# Foolish mistake (screws through the benchtop)



## Murdock (Aug 7, 2011)

I attempted to attached the top of my new workbench tonight and now have screws sticking up through it, the pointy end.

I used pocket holes from the bottom with 2.5" screws, the rails are fir 2x and the top is 2 layers of 3/4 plywood.

I did several test pieces before I began and should have had the screws ending 1/4" before coming through but it turns out that the rail material was softer than I expected and I ended up driving the screws all the way through the top and now they stick out by 1/8 and 1/4 inches. Of course I had the whole unit upside down while doing this so I didn't notice it until I turned it over and cut myself on one of the screws.

If I back out each of the screws and put a shorter one in the same hole can I expect it to hold, or will the hole be large from the original screw?


----------



## rance (Sep 30, 2009)

I'd certainly try replacing them with shorter screws. If the holes can't be HEALED, then you may be adding a new 'feature' on the other side. Oh, and for that softer material, soak the material with CA glue to harden it up a bit after removing the long screw & healing the holes, but before installing the shorter screws.

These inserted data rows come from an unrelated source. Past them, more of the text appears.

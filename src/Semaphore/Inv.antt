-- ===== src/Semaphore/Inv.antt =====
-- src/semaphore.rs: the invariant of the semaphore, which a wake-up of a sleeper keeps.
use atomics_for_peace_and_sy.Base.{ℕ, ◌+◌, ◌≤◌, ◌<◌, ◌≡◌, true, false, arith}
use atomics_for_peace_and_sy.Threads.{
  update, sum_over, sum_over-update, le-sum_over, sum_over-eq-zero,
}
use atomics_for_peace_and_sy.Semaphore.{
  Semaphore, u32_mod, Pc, load_count, wait_call, sleeping, exchange, retire, try_exchange,
  load_waiting, wake, Thread, asleep, woken,
}

abbrev pub taken_by : Thread → ℕ
taken_by t = t.taken

abbrev pub given_by : Thread → ℕ
given_by t = t.given

-- The thread is inside `wait`, between its two updates of `num_waiting`.
abbrev pub waiters : Thread → ℕ
waiters t = elim t.at [
  | load_count ↦ 1
  | wait_call ↦ 1
  | sleeping ↦ 1
  | exchange count ↦ 1
  | retire ↦ 1
  | _ ↦ 0
]

abbrev pub sleepers : Thread → ℕ
sleepers t = elim t.at [ sleeping ↦ 1 | _ ↦ 0 ]

-- The thread is awake in `wait` and has no permit yet, or has added one and is about to wake a
-- sleeper for it.
abbrev pub alarms : Thread → ℕ
alarms t = elim t.at [
  | load_count ↦ 1
  | wait_call ↦ 1
  | exchange count ↦ 1
  | load_waiting ↦ 1
  | wake ↦ 1
  | _ ↦ 0
]

-- An exchange never expects 0.
abbrev pub Place : Pc → Type 0
Place (exchange count) = 0 < count
Place (try_exchange timed count) = 0 < count
Place p = Unit

pub record Safe (n initial : ℕ) (m : Semaphore) (pc : ℕ → Thread) : Type 0 where
  pub fits : m.count < u32_mod
  pub counted : m.num_waiting ≡ sum_over waiters n pc
  pub conserved :
      initial + sum_over given_by n pc < u32_mod
      → m.count + sum_over taken_by n pc ≡ initial + sum_over given_by n pc
  pub each : (i : ℕ) → i < n → Place ((pc i).at)

-- While a thread sleeps, every permit has somebody who is about to deal with it.
abbrev pub Alarmed : ℕ → Semaphore → (ℕ → Thread) → Type 0
Alarmed n m pc = 0 < sum_over sleepers n pc → m.count ≤ sum_over alarms n pc

pub record Inv (n initial : ℕ) (m : Semaphore) (pc : ℕ → Thread) : Type 0 where
  pub safe : Safe n initial m pc
  pub alarmed : Alarmed n m pc

pub waiters-le_one : (t : Thread) → waiters t ≤ 1
waiters-le_one t = ground arith

pub sleepers-le-waiters : (t : Thread) → sleepers t ≤ waiters t
sleepers-le-waiters t = ground arith

-- A thread that is woken takes nothing, and counts as a waiter still.
module _ (n initial : ℕ) (m : Semaphore) (pc : ℕ → Thread) (a j : ℕ) (lt : j < n)
    (slept : asleep a (pc j) ≡ true) where
  pub wake-Safe : Safe n initial m pc → Safe n initial m (update pc j (woken (pc j)))
  wake-Safe h = record {
    fits = h.fits;
    counted = ground (arith, h.counted, sum_over-update waiters n pc j (woken (pc j)));
    conserved = λ small. omega (
      arith,
      h.conserved,
      sum_over-update given_by n pc j (woken (pc j)),
      sum_over-update taken_by n pc j (woken (pc j)),
    );
    each = λ i li. ground (arith, h.each i);
  }

  pub wake-Alarmed :
      (0 < sum_over sleepers n pc → m.count ≤ sum_over alarms n pc + 1)
      → Alarmed n m (update pc j (woken (pc j)))
  wake-Alarmed h = λ z.
      ground (arith, h, le-sum_over sleepers n pc j, sum_over-update alarms n pc j (woken (pc j)))

pub nobody-Alarmed :
    (n : ℕ) (m : Semaphore) (pc : ℕ → Thread)
    → ((j : ℕ) → j < n → asleep 0 (pc j) ≡ false)
    → Alarmed n m pc
nobody-Alarmed n m pc quiet =
    λ h. absurd (omega (arith, sum_over-eq-zero sleepers n pc (λ i li. ground (arith, quiet i))))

Hey, little butterfly inlays might look right nice on that top.


----------



## tomd (Jan 29, 2008)

Slip a sliver of softwood into the holes after you remove the long screws to take up any slack.


----------



## ocwoodworker (Mar 5, 2010)

The tapered tip is only a short portion of the screw. You should be able to shorten the screw and not have a problem.
If you find that it is too loose you could always ream the hole and insert a glued dowel and then re-drill the hole. Hope it all works out.

Cheers


----------



## Murdock (Aug 7, 2011)

Thanks for the help guys, I am going to pick up the shorter screws tomorrow and give it a go.


----------



## Loren (May 30, 2008)

Bolt cutters are useful for shortening screws. In cabinet work, screws are
needed in such fine increments for so many specific applications, it is hard
to keep all sizes on hand and some very useful screws aren't available at 
normal hardware stores. Thus the art of screw-cutting. As long as you've
got a pilot hole, the screw doesn't need a pointy end.


----------



## saddletramp (Mar 6, 2011)

Can you go with a shorter, one size larger screw?


----------



## Murdock (Aug 7, 2011)

Loren - good idea but no bolt cutters

Saddletramp - Also a good idea, I'll see what they have for diameters at the local hardware.

Thanks


----------



## Loren (May 30, 2008)

Hardened screws can usually be broken off pretty easily as well, in
a pinch. This comes up on installations and other jobsite work often
enough.


----------



## Sawkerf (Dec 31, 2009)

Sounds like you over-drove your screws. Did you lower the setting of the drill clutch? I usually set mine to 12 - 14 depending on the hardness of the wood. You want the screws to seat firmly, and then stop.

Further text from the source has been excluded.